Louis MEYER, Sans titre (cubiste), 2019, huile et acrylique sur toile, huile sur polystyrène extrudé, 155 x 121 x 30 cm © Louis Meyer
Les formes que je propose fonctionnent comme des vecteurs de monstration. C’est-à-dire qu’un élément est là pour en présenter un autre : le tableau montre la sculpture posée dessus, la sculpture montre son socle, le socle montre le tableau. Chaque pièce mobilise une situation de réciprocité dans l’acte de montrer, sans hiérarchie entre les différents composants de l’œuvre. Ce qui conditionne la relation des parties entre elles, c’est leur mode de production.
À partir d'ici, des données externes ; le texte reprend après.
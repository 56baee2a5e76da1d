-- ===== src/Tests/World.antt =====
-- A small concrete memory for the tests: nothing is cached, registered or allocated.
use lzmalloc.Base.{ℕ, none, some, []}
use lzmalloc.Chunk.{Header, chunk_magic, type_slab}
use lzmalloc.Memory.{Span, Slab, Tlh, World}
use lzmalloc.Os.{Os}
use lzmalloc.Thread.{Process}

-- `mmap` answers an address that is not on a 2 MB boundary, the thread runs on node 1
abbrev pub mapped_at : ℕ
mapped_at = 4096

abbrev pub os0 : Os
os0 = record {
  mmap_answer = λ i. some mapped_at;
  mmap_count = 0;
  getcpu_answer = λ i. some 1;
  getcpu_count = 0;
  calls = [];
}

abbrev pub header0 : Header
header0 = record {
  next = 0;
  owning_tlh = 0;
  magic = chunk_magic;
  canary = 0;
  node_id = 1;
  checksum = 0;
  chunk_type = type_slab;
}

abbrev pub span0 : Span
span0 = record {
  next = 0;
  prev = 0;
  free_bitmap = λ i. 0;
  used_pages = 0;
  alloc_size_pages = λ i. 0;
}

abbrev pub slab0 : Slab
slab0 = record {
  next = 0;
  prev = 0;
  memory_base = 0;
  memory_end = 0;
  bump_ptr = 0;
  free_list_head = 0;
  size_class = 0;
  block_size = 16;
  max_objects = 100;
  used_objects = 0;
}

abbrev pub tlh0 : Tlh
tlh0 = record {
  bins = λ i. record { current_slab = 0; partial_list = 0; full_list = 0 };
  active_spans = 0;
  remote_free_head = 0;
  outgoing_batch = record { target_tlh = 0; head = 0; tail = 0; count = 0 };
  thread_id = 0;
  is_zombie = 0;
  local_bytes_alloc_batch = 0;
  local_bytes_free_batch = 0;
  bytes_allocated = 0;
  next_zombie = 0;
  stat_slot = 0;
}

abbrev pub world0 : World
world0 = record {
  headers = λ a. header0;
  spans = λ a. span0;
  slabs = λ a. slab0;
  tlhs = λ a. tlh0;
  nodes = λ a. 0;
  words = λ a. 0;
  slots = λ a. 0;
  pools = λ i. record { free_chunks = 0; available_count = 0 };
  global_free_chunks = 0;
  root = λ i. none;
  secret = 0xDEAD_BEEF_CAFE_BABE;
  os = os0;
}

abbrev pub process0 : Process
process0 = record {
  world = world0;
  tls_tlh_ptr = 8192;
  zombie_tlhs = 0;
  thread_counter = 1;
  telemetry_matrix = 0;
}
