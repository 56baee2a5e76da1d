-- ===== src/Tests/Api.antt =====
-- The public interface.
use lzmalloc.Base.{
  true, ◌<◌, ◌⊎◌, ℕ, ◌+◌, ◌*◌, ◌-◌, ◌%◌, ◌^◌, ◌≤◌, ◌≡◌, ◌≢◌, refl, arith, some, none, if◌then◌else◌,
  ◌==◌, ◌||◌, leb, ltb, ◌&&◌, not, true,
}
use lzmalloc.Config.{huge_page_size}
use lzmalloc.Huge.{trim_huge}
use lzmalloc.Huge.Trim.{trim_huge_exact}
use lzmalloc.Malloc.{malloc, calloc, memalign, posix_memalign, aligned_alloc, einval}
use lzmalloc.Malloc.Aligned.{alignment_rejected}
use lzmalloc.Malloc.Api.{calloc-product}
use lzmalloc.Hooks.{Hooks, hook_usable_size, base_malloc_aligned, base_heap_size}
use lzmalloc.Hooks.Base.{
  IsBumped, reserved, base_malloc_aligned-IsBumped, base_malloc_aligned-overflow,
}
use lzmalloc.Malloc.Small.{align_up-blocks}
use lzmalloc.Sizes.{size_to_class}
use lzmalloc.Slab.{blank_slab}
use lzmalloc.Malloc.Overflow.{malloc-overflow}
use lzmalloc.Tests.World.{os0, process0, mapped_at}
use lzmalloc.Thread.{Process}
use lzmalloc.Vmm.Cache.{round_up}
use lzmalloc.Vmm.Trim.{unmapped}
use lzmalloc.Word.{word_mod, align_up, is_power_of_two}
use lzmalloc.Word.PowerOfTwo.{is_power_of_two_iff}

abbrev four_mb : ℕ
four_mb = 4194304

trim_huge_exact_at :
    ((trim_huge four_mb mapped_at os0).0 % huge_page_size ≡ 0)
    × (mapped_at ≤ (trim_huge four_mb mapped_at os0).0)
    × ((trim_huge four_mb mapped_at os0).0 + four_mb ≤ mapped_at + four_mb + huge_page_size)
    × (unmapped 5000 (trim_huge four_mb mapped_at os0).1.calls ≡ (
        leb mapped_at 5000
        && ltb 5000 (mapped_at + four_mb + huge_page_size)
        && not (
            leb (trim_huge four_mb mapped_at os0).0 5000
            && ltb 5000 ((trim_huge four_mb mapped_at os0).0 + four_mb))))
trim_huge_exact_at = trim_huge_exact four_mb mapped_at 5000 os0 (omega arith) (omega arith)

calloc-product_at : calloc 1 (2 ^ 33) (2 ^ 33) process0 ≡ (
    if 2 ^ 33 == 0 || 2 ^ 33 == 0
    then malloc 1 1 process0
    else if leb word_mod (2 ^ 33 * 2 ^ 33)
    then some (0, process0)
    else malloc 1 (2 ^ 33 * 2 ^ 33) process0)
calloc-product_at = calloc-product 1 (2 ^ 33) (2 ^ 33) process0

not_power : (k : ℕ) → 24 ≢ 2 ^ k
unfolding is_power_of_two
not_power k e =
    let h : is_power_of_two 24 ≡ true = (is_power_of_two_iff 24 (omega arith)).1 (k, e) in
    ground (arith, h)

alignment_rejected_at :
    (posix_memalign 1 4096 24 100 process0 ≡ some (einval, none, process0))
    × (memalign 1 24 100 process0 ≡ some (0, process0))
    × (aligned_alloc 1 24 100 process0 ≡ some (0, process0))
alignment_rejected_at = alignment_rejected 1 4096 24 100 process0 (omega arith) not_power

-- the largest size
malloc-overflow_example :
    (r : ℕ × Process) × (malloc 1 (word_mod - 1) process0 ≡ some r)
    × (r.0 ≡ round_up mapped_at + 128)
    × (r.1.world.words (round_up mapped_at + 64) ≡ huge_page_size)
malloc-overflow_example =
    malloc-overflow 1 (word_mod - 1) mapped_at process0 (omega arith) (omega arith) refl
      (omega arith) (omega arith)

abbrev early : Hooks
early = record {
  base_heap = 65536;
  base_offset = 100;
  exact_size = λ a. 0;
  ready = 0;
  process = process0;
}

base_malloc_aligned-IsBumped_example :
    ((r : ℕ × Hooks) × (base_malloc_aligned (2 ^ 12) 100 early ≡ some r)
      × IsBumped early r.1 12 100 r.0)
    ⊎ ((base_malloc_aligned (2 ^ 12) 100 early ≡ none)
        × (base_heap_size < early.base_offset + 16 + 2 ^ 12 + reserved 100 + 16))
base_malloc_aligned-IsBumped_example =
    base_malloc_aligned-IsBumped 12 100 early (omega arith) (omega arith) (omega arith)
      (omega arith) (omega arith) (omega arith)

base_malloc_aligned-overflow_example :
    (r : ℕ × Hooks) × (base_malloc_aligned (2 ^ 12) (word_mod - 1) early ≡ some r)
    × (r.0 ≡ r.1.base_heap + r.1.base_offset)
    × (r.1.base_offset ≤ base_heap_size)
    × (hook_usable_size r.0 r.1 ≡ word_mod - 1)
base_malloc_aligned-overflow_example =
    base_malloc_aligned-overflow 12 (word_mod - 1) early (omega arith) (omega arith) (omega arith)
      (omega arith) (omega arith) (omega arith) (omega arith)

align_up-blocks_at :
    (((blank_slab 6291456 (size_to_class (align_up 100 (2 ^ 6)))).memory_base
          + 3 * (blank_slab 6291456 (size_to_class (align_up 100 (2 ^ 6)))).block_size)
        % 2 ^ 6
      ≡ 0)
    × (100 ≤ (blank_slab 6291456 (size_to_class (align_up 100 (2 ^ 6)))).block_size)
align_up-blocks_at =
    align_up-blocks 6 100 6291456 3 (omega arith) (omega arith) (omega arith) refl (omega arith)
C’est ce rapport dans la façon dont chaque élément a été constitué, soit peint à part, ou peint sur, ou peint par-dessus, sculpté puis fondu, reproduit, reformé, etc. qui articule l’ensemble du travail en exposant une situation.
J’utilise des objets issus de ma propre pratique ou de sources historiques en les exploitant comme un matériau toujours prêt à être réactualisé, multiplié, déformé. Je m’identifie à la figure du trickster, venant renverser les rôles et assumer une position de médiateur, ce qui autorise un va-et-vient de la dérision au sérieux. Cette position permet une manipulation du statut des objets employés. Je conçois l’illusion qui naît de ces opérations comme un artifice ; c’est le prestige, à la fois tour de magie et subversion de l’autorité. De là, découlent des recherches sur une forme de beauté déceptive qui émerge de l’incongruité des assemblages et challenge mes propres limites esthétiques. Un scepticisme assumé vis-à-vis du caractère singulier des œuvres d’art et de leur qualité présupposée me pousse donc à reconsidérer la manière dont nous regardons ces objets. On comprend dès lors que c’est le contrat de parole par lequel sont liés les acteurs du monde de l’art, établi rationnellement, qui confère à tel ou tel objet élu sa dimension d’œuvre. Finalement, le langage critique qui décompose cette relation à l’identification de l’art peut devenir un langage théorique et plastique quand ses limites sont éprouvées par la perception. Comme tout langage, il possède alors un régime poétique et esthétique propre dans lequel s’inscrit mon travail.